有趣的事情正在发生。当我使用前1000行数据构建网络时(使用nrows = 1000),最小化函数可以正常工作。但是,当我更改nrows = 2000时,我运行的代码将返回我在下面的链接中截断的输出。
代码:
fmin = minimize(fun=backprop, x0=params, args=(input_size, hidden_size, num_labels, X, y, learning_rate),
method='TNC', jac=True, options={'maxiter': 250})
Screenshot of Output with nrows=2000
由于我使用的是反向传播和截断的牛顿算法,我认为可能是因为我的数据中有NA值。因此,我开始运行:
train.fillna(train.mean())
但这仍然导致了上面的输出。知道为什么吗?供您参考,下面是我的反向传播函数和nrows = 1000的输出屏幕截图。
def backprop(params, input_size, hidden_size, num_labels, X, y, learning_rate):
m = X.shape[0]
X = np.matrix(X)
y = np.matrix(y)
# reshape the parameter array into parameter matrices for each layer
theta1 = np.matrix(np.reshape(params[:hidden_size * (input_size + 1)], (hidden_size, (input_size + 1))))
theta2 = np.matrix(np.reshape(params[hidden_size * (input_size + 1):], (num_labels, (hidden_size + 1))))
# run the feed-forward pass
a1, z2, a2, z3, h = forward_propagate(X, theta1, theta2)
# initializations
J = 0
delta1 = np.zeros(theta1.shape) # (25, 401)
delta2 = np.zeros(theta2.shape) # (10, 26)
# compute the cost
for i in range(m):
first_term = np.multiply(-y[i,:], np.log(h[i,:]))
second_term = np.multiply((1 - y[i,:]), np.log(1 - h[i,:]))
J += np.nansum(first_term - second_term)
J = J / m
# add the cost regularization term
J += ((learning_rate) / (2 * m)) * (np.nansum(np.power(theta1[:,1:], 2)) + np.nansum(np.power(theta2[:,1:], 2)))
# perform backpropagation
for t in range(m):
a1t = a1[t,:] # (1, 401)
z2t = z2[t,:] # (1, 25)
a2t = a2[t,:] # (1, 26)
ht = h[t,:] # (1, 10)
yt = y[t,:] # (1, 10)
d3t = ht - yt # (1, 10)
z2t = np.insert(z2t, 0, values=np.ones(1)) # (1, 26)

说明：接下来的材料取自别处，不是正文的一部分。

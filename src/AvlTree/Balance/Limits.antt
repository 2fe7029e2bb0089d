-- ===== src/AvlTree/Balance/Limits.antt =====
-- random_access_list.hpp: when the one rotation of `check_and_restore_balance_of_level` balances a
-- level, and when it does not. An AVL tree needs a double rotation in the second case.
use garbage.Prelude.{ℕ, ◌+◌, ◌≤◌, ◌<◌, ◌≡◌, arith, size_mod}
use garbage.AvlTree.Nodes.{Tree, leaf, node}
use garbage.AvlTree.Balance.{
  recalculate_height_and_size_with_data_from_two_childs, check_and_restore_balance_of_level,
}
use garbage.AvlTree.Balance.Caches.{real_height, real_size, IsMeasured, real_height-le, height-eq}

module _ {ℓ} {A : Type ℓ} where
  -- The heights of siblings differ by 1 at most.
  abbrev pub IsBalanced : Tree A → Type 0
  IsBalanced leaf = Unit
  IsBalanced (node x h s l r) =
      (real_height l ≤ real_height r + 1)
      × (real_height r ≤ real_height l + 1)
      × IsBalanced l
      × IsBalanced r

  -- A left child that is too high by one and does not lean right: one rotation balances the level.
  pub check-IsBalanced_outer :
      (x px : A) (h s ph ps : ℕ) (pl inner r : Tree A)
      → IsMeasured (node x h s (node px ph ps pl inner) r)
      → real_size (node x h s (node px ph ps pl inner) r) < size_mod
      → IsBalanced (node px ph ps pl inner)
      → IsBalanced r
      → real_height (node px ph ps pl inner) ≡ real_height r + 2
      → real_height inner ≤ real_height pl
      → IsBalanced (check_and_restore_balance_of_level (node x h s (node px ph ps pl inner) r))
  unfolding check_and_restore_balance_of_level recalculate_height_and_size_with_data_from_two_childs
  check-IsBalanced_outer x px h s ph ps pl inner r m b bl br e o =
      let hr = height-eq r m.3 in let d = real_height-le r in ground arith

  -- In a measured tree with fewer than 2^64 nodes, a level whose left child is higher than its
  -- right by two and leans right stays unbalanced after check_and_restore_balance_of_level.
  pub check-not-IsBalanced_inner :
      (x px : A) (h s ph ps : ℕ) (pl inner r : Tree A)
      → IsMeasured (node x h s (node px ph ps pl inner) r)
      → real_size (node x h s (node px ph ps pl inner) r) < size_mod
      → real_height (node px ph ps pl inner) ≡ real_height r + 2
      → real_height pl < real_height inner
      → ¬ IsBalanced (check_and_restore_balance_of_level (node x h s (node px ph ps pl inner) r))
  unfolding check_and_restore_balance_of_level recalculate_height_and_size_with_data_from_two_childs
  check-not-IsBalanced_inner x px h s ph ps pl inner r m b e o bal =
      let hr = height-eq r m.3 in let d = real_height-le r in ground arith
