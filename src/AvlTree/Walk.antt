-- ===== src/AvlTree/Walk.antt =====
-- random_access_list.hpp: the walks of `avl_tree_stump` along child and parent pointers.
pub mod Laws
use garbage.Prelude.{List, [], ◌∷◌, Option, none, some}
use garbage.AvlTree.Nodes.{Tree, leaf, node, left_of, right_of, Parents, Cursor, cursor_at, subtree}

module _ {ℓ} {A : Type ℓ} where
  -- `none` is NULL.
  unfoldable pub find_rightmost : Tree A → Parents A → Option (Cursor A)
  find_rightmost leaf fs = none
  find_rightmost (node x h s l leaf) fs = some (cursor_at x h s l leaf fs)
  find_rightmost (node x h s l (node rx rh rs rl rr)) fs =
      find_rightmost (node rx rh rs rl rr) (right_of x h s l ∷ fs)

  unfoldable pub find_leftmost : Tree A → Parents A → Option (Cursor A)
  find_leftmost leaf fs = none
  find_leftmost (node x h s leaf r) fs = some (cursor_at x h s leaf r fs)
  find_leftmost (node x h s (node lx lh ls ll lr) r) fs =
      find_leftmost (node lx lh ls ll lr) (left_of x h s r ∷ fs)

  -- Up while the node is a right child, and then once more. `none` is the NULL above the root.
  unfoldable pub climb_while_right : Tree A → Parents A → Option (Cursor A)
  climb_while_right t [] = none
  climb_while_right t (left_of x h s r ∷ fs) = some (cursor_at x h s t r fs)
  climb_while_right t (right_of x h s l ∷ fs) = climb_while_right (node x h s l t) fs

  unfoldable pub climb_while_left : Tree A → Parents A → Option (Cursor A)
  climb_while_left t [] = none
  climb_while_left t (left_of x h s r ∷ fs) = climb_while_left (node x h s t r) fs
  climb_while_left t (right_of x h s l ∷ fs) = some (cursor_at x h s l t fs)

  unfoldable pub forward : Cursor A → Option (Cursor A)
  unfolding find_leftmost climb_while_right
  forward c = elim c.right [
    | leaf ↦ climb_while_right (subtree c) c.parents
    | node x h s l r ↦ find_leftmost c.right (right_of c.item c.height c.size c.left ∷ c.parents)
  ]

  unfoldable pub backward : Cursor A → Option (Cursor A)
  unfolding find_rightmost climb_while_left
  backward c = elim c.left [
    | leaf ↦ climb_while_left (subtree c) c.parents
    | node x h s l r ↦ find_rightmost c.left (left_of c.item c.height c.size c.right ∷ c.parents)
  ]
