-- ===== src/AvlTree/Edit.antt =====
-- random_access_list.hpp: what `insert_before` and `delete_` do to the tree.
pub mod Order
pub mod Caches
use garbage.Prelude.{[], ◌∷◌, ◌++◌, none, some}
use garbage.AvlTree.Nodes.{Tree, leaf, node, left_of, Parents, Cursor, fill, plug}
use garbage.AvlTree.Balance.{restore_height_size_and_balance_of_tree}
use garbage.AvlTree.Walk.{find_rightmost}

module _ {ℓ} {A : Type ℓ} where
  -- A node with no neighbours.
  abbrev pub new_node : A → Tree A
  new_node x = node x 1 1 leaf leaf

  -- `insert_before` at a node `it` of a tree that is not empty: the new `_root`. The `none` case
  -- is dead, since a left subtree has a rightmost node.
  unfoldable pub attach_before : Cursor A → A → Tree A
  unfolding find_rightmost restore_height_size_and_balance_of_tree
  attach_before it x = elim it.left [
    | leaf ↦
        restore_height_size_and_balance_of_tree
          (node it.item it.height it.size (new_node x) it.right) it.parents
    | node lx lh ls ll lr ↦
        elim (find_rightmost it.left (left_of it.item it.height it.size it.right ∷ it.parents)) [
          | none ↦ leaf
          | some last ↦
              restore_height_size_and_balance_of_tree
                (node last.item last.height last.size last.left (new_node x)) last.parents
        ]
  ]

  -- The walk up starts at the parent of what was replaced. At the root there is none.
  unfoldable pub restore_from_parent : Tree A → Parents A → Tree A
  unfolding restore_height_size_and_balance_of_tree
  restore_from_parent t [] = t
  restore_from_parent t (f ∷ fs) = restore_height_size_and_balance_of_tree (fill f t) fs

  -- `delete_`: the new `_root`. A node with no left child gives its place to its right child.
  -- Any other gives it to the rightmost node of its left subtree, whose left child moves up.
  unfoldable pub detach : Cursor A → Tree A
  unfolding find_rightmost restore_from_parent
  detach c = elim c.left [
    | leaf ↦ restore_from_parent c.right c.parents
    | node lx lh ls ll lr ↦ elim (find_rightmost c.left []) [
      | none ↦ leaf
      | some last ↦
          restore_from_parent last.left
            (last.parents ++ left_of last.item last.height last.size c.right ∷ c.parents)
    ]
  ]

d2t = np.multiply((theta2.T * d3t.T).T, sigmoid_gradient(z2t)) # (1, 26)
delta1 = delta1 + (d2t[:,1:]).T * a1t
delta2 = delta2 + d3t.T * a2t
delta1 = delta1 / m
delta2 = delta2 / m
# add the gradient regularization term
delta1[:,1:] = delta1[:,1:] + (theta1[:,1:] * learning_rate) / m
delta2[:,1:] = delta2[:,1:] + (theta2[:,1:] * learning_rate) / m
# unravel the gradient matrices into a single array
grad = np.concatenate((np.ravel(delta1), np.ravel(delta2)))
return J, grad
我也知道额外的数据添加了更多的LabelEncoder()和OneHotEncoder()值 - 但是我不太确定那些是否导致错误。任何帮助都会很棒,谢谢!